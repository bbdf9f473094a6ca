-- ===== src/Kafka/Clients.antt =====
-- internal/provider/resource_kafka_topic.go: how a handler of a Kafka resource makes its REST client from
-- the settings; `kafkaRestClientFactory.CreateKafkaRestClient`.
use terraform_provider_confl.Base.{◌≡◌, ◌⊎◌, refl, ◌∙◌, false, inl, inr}
use terraform_provider_confl.Kafka.{Text}
use terraform_provider_confl.Kafka.Settings.{
  Provider, Blocks, Setting, given, missing, Environment, extract_kafka_cluster_id,
  extract_rest_endpoint, extract_cluster_api_key_and_api_secret,
}
use terraform_provider_confl.Kafka.AclHandlers.{KafkaRestClient}

abbrev pub create_kafka_rest_client : Provider → Text → Text → Text × Text → KafkaRestClient
create_kafka_rest_client client rest_endpoint cluster_id credentials = record {
  rest_endpoint = rest_endpoint;
  cluster_id = cluster_id;
  cluster_api_key = credentials.0;
  cluster_api_secret = credentials.1;
  is_cluster_id_set_in_provider_block = client.is_kafka_cluster_id_set;
  is_metadata_set_in_provider_block = client.is_kafka_metadata_set;
}

-- What follows a setting, or the refusal.
abbrev pub if_given {ℓ κ} : {A : Type ℓ} → {R : Type κ} → R → Setting A → (A → R) → R
if_given refusal (given a) next = next a
if_given refusal missing next = refusal

-- The settings of all handlers but the import, which come in this order.
unfoldable pub with_kafka_rest_client {κ} :
    {R : Type κ} → Environment → Provider → Blocks → R → (KafkaRestClient → R) → R
unfolding extract_rest_endpoint extract_kafka_cluster_id extract_cluster_api_key_and_api_secret
with_kafka_rest_client env client blocks refusal next =
    if_given refusal (extract_rest_endpoint env client blocks false) (λ rest_endpoint.
      if_given refusal (extract_kafka_cluster_id env client blocks false) (λ cluster_id.
        if_given refusal (extract_cluster_api_key_and_api_secret env client blocks false)
          (λ credentials.
            next (create_kafka_rest_client client rest_endpoint cluster_id credentials))))

if_given_cases {ℓ κ} :
    {A : Type ℓ}
    → {R : Type κ} → (refusal : R) (s : Setting A) (next : A → R)
    → (if_given refusal s next ≡ refusal) ⊎ ((a : A) × (if_given refusal s next ≡ next a))
if_given_cases refusal (given a) next = inr (a, refl)
if_given_cases refusal missing next = inl refl

module _ {κ} {R : Type κ} (env : Environment) (client : Provider) (blocks : Blocks) (refusal : R)
    (next : KafkaRestClient → R) where
  abbrev to_credentials : Text → Text → R
  to_credentials rest_endpoint cluster_id =
      if_given refusal (extract_cluster_api_key_and_api_secret env client blocks false)
        (λ credentials. next (create_kafka_rest_client client rest_endpoint cluster_id credentials))

  abbrev to_cluster : Text → R
  to_cluster rest_endpoint =
      if_given refusal (extract_kafka_cluster_id env client blocks false)
        (to_credentials rest_endpoint)

  pub with_kafka_rest_client_cases :
      (with_kafka_rest_client env client blocks refusal next ≡ refusal)
      ⊎ ((c : KafkaRestClient) × (with_kafka_rest_client env client blocks refusal next ≡ next c))
  unfolding with_kafka_rest_client
  with_kafka_rest_client_cases =
      elim (if_given_cases refusal (extract_rest_endpoint env client blocks false) to_cluster) [
        | inl stop ↦ inl stop
        | inr (rest_endpoint, first) ↦
            elim (if_given_cases refusal (extract_kafka_cluster_id env client blocks false)
              (to_credentials rest_endpoint)) [
                | inl stop ↦ inl (first ∙ stop)
                | inr (cluster_id, second) ↦
                    elim (if_given_cases refusal
                      (extract_cluster_api_key_and_api_secret env client blocks false)
                      (λ credentials.
                        next
                          (create_kafka_rest_client client rest_endpoint cluster_id credentials))) [
                            | inl stop ↦ inl (first ∙ second ∙ stop)
                            | inr (credentials, third) ↦ inr (
                              create_kafka_rest_client client rest_endpoint cluster_id credentials,
                              first ∙ second ∙ third,
                            )
                          ]
              ]
      ]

☆ ☆ ☆

### Try it
Please reproduce exactly the lines above, beginning with the first and ending with the line that contains "cluster_api_secret = credentials.1;", and include nothing outside that range.

### Exercise solution
repository bbdf9f473094a6ca
-- ===== src/Kafka/Clients.antt =====
-- internal/provider/resource_kafka_topic.go: how a handler of a Kafka resource makes its REST client from
-- the settings; `kafkaRestClientFactory.CreateKafkaRestClient`.
use terraform_provider_confl.Base.{◌≡◌, ◌⊎◌, refl, ◌∙◌, false, inl, inr}
use terraform_provider_confl.Kafka.{Text}
use terraform_provider_confl.Kafka.Settings.{
  Provider, Blocks, Setting, given, missing, Environment, extract_kafka_cluster_id,
  extract_rest_endpoint, extract_cluster_api_key_and_api_secret,
}
use terraform_provider_confl.Kafka.AclHandlers.{KafkaRestClient}

abbrev pub create_kafka_rest_client : Provider → Text → Text → Text × Text → KafkaRestClient
create_kafka_rest_client client rest_endpoint cluster_id credentials = record {
  rest_endpoint = rest_endpoint;
  cluster_id = cluster_id;
  cluster_api_key = credentials.0;
  cluster_api_secret = credentials.1;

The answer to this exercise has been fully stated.